[Data items]
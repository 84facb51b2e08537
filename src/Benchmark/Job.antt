-- ===== src/Benchmark/Job.antt =====
-- internal/httpapi/benchmark_jobs.go: a job as a Go map, what is read of it, and its list. A job that
-- is cloned is the same value here.
use llama_wrangler.Common.{
  ℕ, ◌*◌, ◌≡◌, refl, Bool, true, false, not, ◌&&◌, String, Option, none, some, leb, if◌then◌else◌,
  arith,
}
use llama_wrangler.Common.Int.{ℤ, pos, pos_part}
use llama_wrangler.Common.Text.{str_eq, trim_space, eq_iff}
use llama_wrangler.Appstate.Node.{
  Value, nil, text, float64, float32, int, int64, number, time, Fields, end, field,
}
use llama_wrangler.Routing.Policy.{value_of}
use llama_wrangler.Benchmark.Settings.{
  BenchmarkSchedulerConfig, bounded_retry_timeout, normalize_benchmark_scheduler_config,
}

module _ {F : Type 0} where
  -- `job[key] = value`
  unfoldable pub put : String → Value F → Fields F → Fields F
  put key value end = field key value end
  put key value (field here old rest) =
      if str_eq here key then field here value rest else field here old (put key value rest)

  -- `delete(job, key)`
  unfoldable pub drop_key : String → Fields F → Fields F
  drop_key key end = end
  drop_key key (field here old rest) =
      let dropped = drop_key key rest in if str_eq here key then dropped else field here old dropped

  pub value_of-put :
      (key asked : String) (value : Value F) (job : Fields F)
      → value_of asked (put key value job)
        ≡ (if str_eq key asked then value else value_of asked job)
  unfolding put value_of
  value_of-put key asked value end = refl
  value_of-put key asked value (field here old rest) = ground (
    arith,
    value_of-put key asked value rest,
    eq_iff here key,
    eq_iff here asked,
    eq_iff key asked,
  )

  pub value_of-drop_key :
      (key asked : String) (job : Fields F)
      → value_of asked (drop_key key job) ≡ (if str_eq key asked then nil else value_of asked job)
  unfolding drop_key value_of
  value_of-drop_key key asked end = ground arith
  value_of-drop_key key asked (field here old rest) = ground (
    arith,
    value_of-drop_key key asked rest,
    eq_iff here key,
    eq_iff here asked,
    eq_iff key asked,
  )

-- `int` of a floating point number, `json.Number.Int64`, and `time.Parse`.
pub record Readers (F : Type 0) : Type 0 where
  pub to_int : F → ℤ
  pub number_int : String → Option ℤ
  pub parse_time : String → Option ℕ

abbrev pub int_or : ℤ → Option ℤ → ℤ
int_or fallback none = fallback
int_or fallback (some n) = n

abbrev pub due_at : ℕ → Option ℕ → Bool
due_at now none = true
due_at now (some t) = leb t now

abbrev pub is_set : Option ℕ → Bool
is_set none = false
is_set (some t) = true

-- A second in nanoseconds.
abbrev pub second : ℕ
second = 1_000_000_000

module _ {F : Type 0} where
  -- `job[key].(string)`, empty for another type.
  abbrev pub text_of : Value F → String
  text_of (text s) = s
  text_of _ = ""

  unfoldable pub benchmark_job_string : Value F → String
  unfolding trim_space
  benchmark_job_string v = trim_space (text_of v)

  abbrev pub put_when : Bool → String → Value F → Fields F → Fields F
  put_when true key value job = put key value job
  put_when false key value job = job

  pub value_of-put_when :
      (b : Bool) (key asked : String) (value : Value F) (job : Fields F)
      → value_of asked (put_when b key value job)
        ≡ (if str_eq key asked then if b then value else value_of asked job else value_of asked job)
  value_of-put_when true key asked value job = value_of-put key asked value job
  value_of-put_when false key asked value job = ground arith

  module _ (readers : Readers F) where
    open readers use {to_int, number_int, parse_time}

    unfoldable pub benchmark_job_int : Value F → ℤ → ℤ
    benchmark_job_int (int n) fallback = n
    benchmark_job_int (int64 n) fallback = n
    benchmark_job_int (float64 x) fallback = to_int x
    benchmark_job_int (float32 x) fallback = to_int x
    benchmark_job_int (number s) fallback = int_or fallback (number_int s)
    benchmark_job_int _ fallback = fallback

    unfoldable pub benchmark_job_time : Value F → Option ℕ
    benchmark_job_time (time t) = some t
    benchmark_job_time (text s) = parse_time s
    benchmark_job_time _ = none

    unfoldable pub benchmark_job_due : Fields F → ℕ → Bool
    unfolding value_of benchmark_job_time
    benchmark_job_due job now = due_at now (benchmark_job_time (value_of "next_attempt_at" job))

    -- In nanoseconds, as is the delay.
    unfoldable pub benchmark_job_lease_timeout : Fields F → BenchmarkSchedulerConfig → ℕ
    unfolding value_of benchmark_job_int normalize_benchmark_scheduler_config
    benchmark_job_lease_timeout job p =
        let policy = normalize_benchmark_scheduler_config (record p {
          policy = bounded_retry_timeout;
          lease_timeout_seconds =
              benchmark_job_int (value_of "lease_timeout_seconds" job) p.lease_timeout_seconds;
        }) in
        pos_part policy.lease_timeout_seconds * second

    unfoldable pub benchmark_job_retry_delay : Fields F → BenchmarkSchedulerConfig → ℕ
    unfolding value_of benchmark_job_int normalize_benchmark_scheduler_config
    benchmark_job_retry_delay job p =
        let policy = normalize_benchmark_scheduler_config (record p {
          policy = bounded_retry_timeout;
          retry_delay_seconds =
              benchmark_job_int (value_of "retry_delay_seconds" job) p.retry_delay_seconds;
        }) in
        pos_part policy.retry_delay_seconds * second

    -- The settings of a job, where it has them, within their bounds.
    abbrev pub policy_of_job : Fields F → BenchmarkSchedulerConfig → BenchmarkSchedulerConfig
    policy_of_job job p = normalize_benchmark_scheduler_config (record {
      policy = benchmark_job_string (value_of "scheduler_policy" job);
      max_attempts = benchmark_job_int (value_of "max_attempts" job) p.max_attempts;
      lease_timeout_seconds =
          benchmark_job_int (value_of "lease_timeout_seconds" job) p.lease_timeout_seconds;
      retry_delay_seconds =
          benchmark_job_int (value_of "retry_delay_seconds" job) p.retry_delay_seconds;
      background_enabled = false;
      tick_interval_seconds = pos 0;
    })

    unfoldable pub ensure_benchmark_job_scheduler_defaults :
        Fields F → ℕ → BenchmarkSchedulerConfig → Fields F
    unfolding value_of put benchmark_job_string benchmark_job_int benchmark_job_time
        normalize_benchmark_scheduler_config
    ensure_benchmark_job_scheduler_defaults job now policy =
        let p = normalize_benchmark_scheduler_config policy in
        let named =
          put_when (str_eq (benchmark_job_string (value_of "scheduler_policy" job)) "")
            "scheduler_policy" (text p.policy) job in
        let own = policy_of_job named p in
        let settled = put "retry_delay_seconds" (int own.retry_delay_seconds) (
          put "lease_timeout_seconds" (int own.lease_timeout_seconds) (
            put "max_attempts" (int own.max_attempts)
              (put "scheduler_policy" (text own.policy) named))) in
        let status = benchmark_job_string (value_of "status" settled) in
        let stated =
          put_when (str_eq (benchmark_job_string (value_of "scheduler_state" settled)) "")
            "scheduler_state" (text status) settled in
        put_when
          (not (is_set (benchmark_job_time (value_of "next_attempt_at" stated)))
            && str_eq status "queued")
          "next_attempt_at" (time now) stated
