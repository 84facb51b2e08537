-- ===== src/Benchmark/Jobs.antt =====
-- internal/httpapi/benchmark_jobs.go: the list of a node's jobs, and what becomes of a job that fails
-- or whose time is over.
use llama_wrangler.Common.{
  ℕ, ◌+◌, Bool, true, false, not, ◌&&◌, ◌||◌, String, List, [], ◌∷◌, Option, none, some, ltb,
  if◌then◌else◌, length, take,
}
use llama_wrangler.Common.Int.{pos, ltb_ℤ}
use llama_wrangler.Common.Text.{str_eq}
use llama_wrangler.Appstate.Node.{text, int, time, Fields, Maps, no_maps, more_maps}
use llama_wrangler.Routing.Policy.{value_of}
use llama_wrangler.Routing.Placement.{listed_results}
use llama_wrangler.Benchmark.Settings.{BenchmarkSchedulerConfig, bounded_retry_timeout}
use llama_wrangler.Benchmark.Job.{
  Readers, put, drop_key, text_of, benchmark_job_int, benchmark_job_due, benchmark_job_retry_delay,
  ensure_benchmark_job_scheduler_defaults,
}

abbrev pub max_benchmark_jobs : ℕ
max_benchmark_jobs = 8

unfoldable pub benchmark_job_status_allowed : String → Bool
benchmark_job_status_allowed status =
    str_eq status "queued"
    || str_eq status "running"
    || str_eq status "completed"
    || str_eq status "failed"
    || str_eq status "cancelled"

module _ {F : Type 0} where
  abbrev pub as_maps : List (Fields F) → Maps F
  as_maps [] = no_maps
  as_maps (job ∷ jobs) = more_maps job (as_maps jobs)

  unfoldable pub benchmark_jobs : Fields F → List (Fields F)
  unfolding value_of
  benchmark_jobs observed = listed_results (value_of "benchmark_jobs" observed)

  -- The status and the name of a job.
  abbrev pub status_of : Fields F → String
  status_of job = text_of (value_of "status" job)

  abbrev pub id_of : Fields F → String
  id_of job = text_of (value_of "benchmark_id" job)

  unfoldable pub others : String → List (Fields F) → List (Fields F)
  unfolding value_of
  others id [] = []
  others id (job ∷ jobs) =
      let rest = others id jobs in
      if not (str_eq id "") && str_eq (id_of job) id then rest else job ∷ rest

  unfoldable pub upsert_benchmark_job : List (Fields F) → Fields F → List (Fields F)
  unfolding others
  upsert_benchmark_job jobs job =
      let out = job ∷ others (id_of job) jobs in
      if ltb max_benchmark_jobs (length out) then take max_benchmark_jobs out else out

  unfoldable pub find_benchmark_job : String → List (Fields F) → Option (Fields F)
  unfolding value_of
  find_benchmark_job id [] = none
  find_benchmark_job id (job ∷ jobs) =
      if str_eq (id_of job) id then some job else find_benchmark_job id jobs

  abbrev pub failed_job : Fields F → ℕ → Fields F
  failed_job job now =
      put "status" (text "failed")
        (put "scheduler_policy" (text bounded_retry_timeout) (put "updated_at" (time now) job))

  -- A failed job that is not tried again.
  abbrev pub exhausted_job : Fields F → ℕ → Fields F
  exhausted_job failed now = drop_key "next_attempt_at" (
      put "completed_at" (time now) (
        put "scheduler_reason" (text "max_attempts_exhausted")
          (put "scheduler_state" (text "exhausted") failed)))

  module _ (readers : Readers F) where
    unfoldable pub next_queued_benchmark_job : List (Fields F) → ℕ → Option (Fields F)
    unfolding value_of benchmark_job_due
    next_queued_benchmark_job [] now = none
    next_queued_benchmark_job (job ∷ jobs) now =
        if str_eq (status_of job) "queued" && benchmark_job_due readers job now
        then some job
        else next_queued_benchmark_job jobs now

    -- A failed job that is tried again.
    abbrev pub waiting_job : Fields F → ℕ → String → BenchmarkSchedulerConfig → Fields F
    waiting_job failed now reason policy =
        let waiting =
          put "next_attempt_at" (time (now + benchmark_job_retry_delay readers failed policy)) (
            put "scheduler_reason" (text reason)
              (put "scheduler_state" (text "retry_wait") failed)) in
        put "retry_delay_seconds"
          (int (
            benchmark_job_int readers (value_of "retry_delay_seconds" waiting)
              policy.retry_delay_seconds))
          waiting

    -- The job, and whether it is tried again.
    unfoldable pub schedule_benchmark_job_retry :
        Fields F → ℕ → String → BenchmarkSchedulerConfig → Fields F × Bool
    unfolding ensure_benchmark_job_scheduler_defaults benchmark_job_int value_of put drop_key
        benchmark_job_retry_delay
    schedule_benchmark_job_retry job now reason policy =
        let ready = ensure_benchmark_job_scheduler_defaults readers job now policy in
        let failed = failed_job ready now in
        if ltb_ℤ (benchmark_job_int readers (value_of "attempt" ready) (pos 0))
          (benchmark_job_int readers (value_of "max_attempts" ready) policy.max_attempts)
        then (waiting_job failed now reason policy, true)
        else (exhausted_job failed now, false)
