-- ===== src/Benchmark/Reconcile.antt =====
-- internal/httpapi/benchmark_jobs.go: `reconcileBenchmarkJobsForNode`.
use llama_wrangler.Common.{
  ℕ, ◌+◌, Bool, true, false, ◌&&◌, ◌||◌, String, List, [], ◌∷◌, Option, none, some, leb,
  if◌then◌else◌,
}
use llama_wrangler.Common.Text.{str_eq}
use llama_wrangler.Appstate.Node.{text, int, time, results, Fields, Node}
use llama_wrangler.Routing.Policy.{value_of}
use llama_wrangler.Benchmark.Settings.{
  BenchmarkSchedulerConfig, normalize_benchmark_scheduler_config,
}
use llama_wrangler.Benchmark.Job.{
  Readers, put, text_of, benchmark_job_int, benchmark_job_time, benchmark_job_due,
  benchmark_job_lease_timeout, ensure_benchmark_job_scheduler_defaults,
}
use llama_wrangler.Benchmark.Jobs.{as_maps, benchmark_jobs, status_of, schedule_benchmark_job_retry}

-- `benchmarkSchedulerRun`
pub record Run : Type 0 where
  pub changed : Bool
  pub timed_out : ℕ
  pub retried : ℕ
  pub exhausted : ℕ

abbrev pub no_run : Run
no_run = record { changed = false; timed_out = 0; retried = 0; exhausted = 0 }

abbrev pub add_run : Run → Run → Run
add_run a b = record {
  changed = a.changed || b.changed;
  timed_out = a.timed_out + b.timed_out;
  retried = a.retried + b.retried;
  exhausted = a.exhausted + b.exhausted;
}

module _ {F : Type 0} where
  abbrev pub timed_out_job : Fields F → ℕ → Fields F
  timed_out_job job now =
      put "error_code" (text "benchmark_timeout") (put "timed_out_at" (time now) job)

  abbrev pub requeued : Fields F → ℕ → String → Fields F
  requeued job now reason = put "last_reconciled_reason" (text reason) (
      put "scheduler_reason" (text "retry_ready") (
        put "scheduler_state" (text "queued")
          (put "updated_at" (time now) (put "status" (text "queued") job))))

  abbrev pub stored : Fields F → List (Fields F) → ℕ → Fields F
  stored observed [] now = observed
  stored observed (job ∷ jobs) now = put "benchmark_id" (value_of "benchmark_id" job) (
      put "benchmark_status" (value_of "status" job) (
        put "benchmark_updated_at" (time now)
          (put "benchmark_jobs" (results (as_maps (job ∷ jobs))) observed)))

module _ {F : Type 0} (readers : Readers F) where
  abbrev pub claimed_until : Fields F → ℕ → BenchmarkSchedulerConfig → Option ℕ → ℕ
  claimed_until job now policy none = now
  claimed_until job now policy (some claimed_at) =
      claimed_at + benchmark_job_lease_timeout readers job policy

  -- A running job, with the end of its lease.
  abbrev pub leased : Fields F → ℕ → BenchmarkSchedulerConfig → Option ℕ → (Fields F × ℕ) × Bool
  leased job now policy (some timeout_at) = ((job, timeout_at), false)
  leased job now policy none =
      let timeout_at =
        claimed_until job now policy (benchmark_job_time readers (value_of "claimed_at" job)) in
      let timed = put "timeout_at" (time timeout_at) job in
      (
        (
          put "lease_timeout_seconds"
              (int (
                benchmark_job_int readers (value_of "lease_timeout_seconds" timed)
                  policy.lease_timeout_seconds))
              timed,
          timeout_at,
        ),
        true,
      )

  unfoldable pub reconcile_running : Fields F → ℕ → BenchmarkSchedulerConfig → Fields F × Run
  unfolding value_of put benchmark_job_time benchmark_job_int benchmark_job_lease_timeout
      schedule_benchmark_job_retry
  reconcile_running job now policy =
      let ((held, timeout_at), fixed) =
        leased job now policy (benchmark_job_time readers (value_of "timeout_at" job)) in
      let (tried, again) =
        schedule_benchmark_job_retry readers (timed_out_job held now) now "retry_after_timeout"
          policy in
      if leb timeout_at now
      then (
        tried,
        record {
          changed = true;
          timed_out = 1;
          retried = if again then 1 else 0;
          exhausted = if again then 0 else 1;
        },
      )
      else (held, record no_run { changed = fixed })

  unfoldable pub reconcile_failed : Fields F → ℕ → String → Fields F × Run
  unfolding value_of put benchmark_job_due
  reconcile_failed job now reason =
      if str_eq (text_of (value_of "scheduler_state" job)) "retry_wait"
        && benchmark_job_due readers job now
      then (requeued job now reason, record no_run { changed = true; retried = 1 })
      else (job, no_run)

  -- One round of the loop.
  unfoldable pub reconcile_job : Fields F → ℕ → String → BenchmarkSchedulerConfig → Fields F × Run
  unfolding value_of reconcile_running reconcile_failed ensure_benchmark_job_scheduler_defaults
  reconcile_job job now reason policy =
      let status = status_of job in
      if str_eq status "running"
      then reconcile_running job now policy
      else if str_eq status "failed"
      then reconcile_failed job now reason
      else if str_eq status "queued"
      then (ensure_benchmark_job_scheduler_defaults readers job now policy, no_run)
      else (job, no_run)

  unfoldable pub reconcile_jobs :
      List (Fields F) → ℕ → String → BenchmarkSchedulerConfig → List (Fields F) × Run
  unfolding reconcile_job
  reconcile_jobs [] now reason policy = ([], no_run)
  reconcile_jobs (job ∷ jobs) now reason policy =
      let (done, run) = reconcile_job job now reason policy in
      let (rest, runs) = reconcile_jobs jobs now reason policy in (done ∷ rest, add_run run runs)

  unfoldable pub reconcile_benchmark_jobs_for_node :
      Node F → ℕ → String → BenchmarkSchedulerConfig → Node F × Run
  unfolding value_of put normalize_benchmark_scheduler_config benchmark_jobs reconcile_jobs
  reconcile_benchmark_jobs_for_node node now reason policy =
      let (jobs, run) =
        reconcile_jobs (benchmark_jobs node.observed) now reason
          (normalize_benchmark_scheduler_config policy) in
      if run.changed
      then (record node { observed = stored node.observed jobs now }, run)
      else (node, run)
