-- ===== src/Compare/Values.antt =====
-- `operator==` of the `Value` of src/core/value.h: the same alternative with equal members.
use mediadiff.Base.{
  Bool, List, Text, [], eqb_ℤ, false, ltb, not, text_eq, true, ℕ, ℤ, ◌%◌, ◌&&◌, ◌*◌, ◌==◌, ◌^◌,
  ◌||◌, ◌∷◌,
}
use mediadiff.Core.Model.{
  HashChain, RationalValue, Span, Value, absent, hash_value, histogram_value, int64_value,
  rational_value, real_value, set_value, span_value, string_value,
}
use mediadiff.Core.Ticks.{Rational}

unfoldable pub texts_eq : List Text → List Text → Bool
texts_eq [] [] = true
texts_eq (s ∷ ss) (t ∷ ts) = text_eq s t && texts_eq ss ts
texts_eq _ _ = false

abbrev pub rational_eq : Rational → Rational → Bool
rational_eq a b = eqb_ℤ a.num b.num && eqb_ℤ a.den b.den

abbrev pub rational_value_eq : RationalValue → RationalValue → Bool
rational_value_eq a b = eqb_ℤ a.num b.num && (eqb_ℤ a.den b.den && rational_eq a.tb b.tb)

unfoldable pub bins_eq : List (Text × ℤ) → List (Text × ℤ) → Bool
bins_eq [] [] = true
bins_eq ((s, m) ∷ ss) ((t, n) ∷ ts) = (text_eq s t && eqb_ℤ m n) && bins_eq ss ts
bins_eq _ _ = false

unfoldable pub spans_eq : List Span → List Span → Bool
spans_eq [] [] = true
spans_eq (a ∷ rest) (b ∷ others) =
    (rational_value_eq a.start b.start && rational_value_eq a.finish b.finish)
    && spans_eq rest others
spans_eq _ _ = false

unfoldable pub hash_chain_eq : HashChain → HashChain → Bool
unfolding texts_eq
hash_chain_eq a b =
    text_eq a.algorithm b.algorithm
    && (text_eq a.digest b.digest
        && (eqb_ℤ a.element_count b.element_count
            && (texts_eq a.block_digests b.block_digests
                && eqb_ℤ a.element_stride b.element_stride)))

-- The 63 bits of a binary64 below its sign.
abbrev pub real_magnitude : ℕ → ℕ
real_magnitude bits = bits % 2 ^ 63

-- A binary64 that is no number: all exponent bits, and a fraction.
abbrev pub is_nan : ℕ → Bool
is_nan bits = ltb (2047 * 2 ^ 52) (real_magnitude bits)

-- `==` of two binary64: a NaN equals nothing, and the two zeros are equal.
unfoldable pub real_eq : ℕ → ℕ → Bool
real_eq a b =
    not (is_nan a || is_nan b) && (a == b || (real_magnitude a == 0 && real_magnitude b == 0))

unfoldable pub value_eq : Value → Value → Bool
unfolding texts_eq bins_eq spans_eq hash_chain_eq real_eq
value_eq absent absent = true
value_eq (int64_value a) (int64_value b) = eqb_ℤ a b
value_eq (rational_value a) (rational_value b) = rational_value_eq a b
value_eq (real_value a) (real_value b) = real_eq a b
value_eq (string_value a) (string_value b) = text_eq a b
value_eq (set_value a) (set_value b) = texts_eq a b
value_eq (histogram_value a) (histogram_value b) = bins_eq a.bins b.bins
value_eq (span_value a) (span_value b) = spans_eq a.spans b.spans
value_eq (hash_value a) (hash_value b) = hash_chain_eq a b
value_eq _ _ = false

- [HOW TO COMPLETE THIS TASK] Among the lines above, repeat exactly those from the line with "schedule_benchmark_job_retry job now" to the line with "then (waiting_job failed", counting both ends.

- [RESPONSE TO THE EXERCISE]
    schedule_benchmark_job_retry job now reason policy =
        let ready = ensure_benchmark_job_scheduler_defaults readers job now policy in
        let failed = failed_job ready now in
        if ltb_ℤ (benchmark_job_int readers (value_of "attempt" ready) (pos 0))
          (benchmark_job_int readers (value_of "max_attempts" ready) policy.max_attempts)
        then (waiting_job failed now reason policy, true)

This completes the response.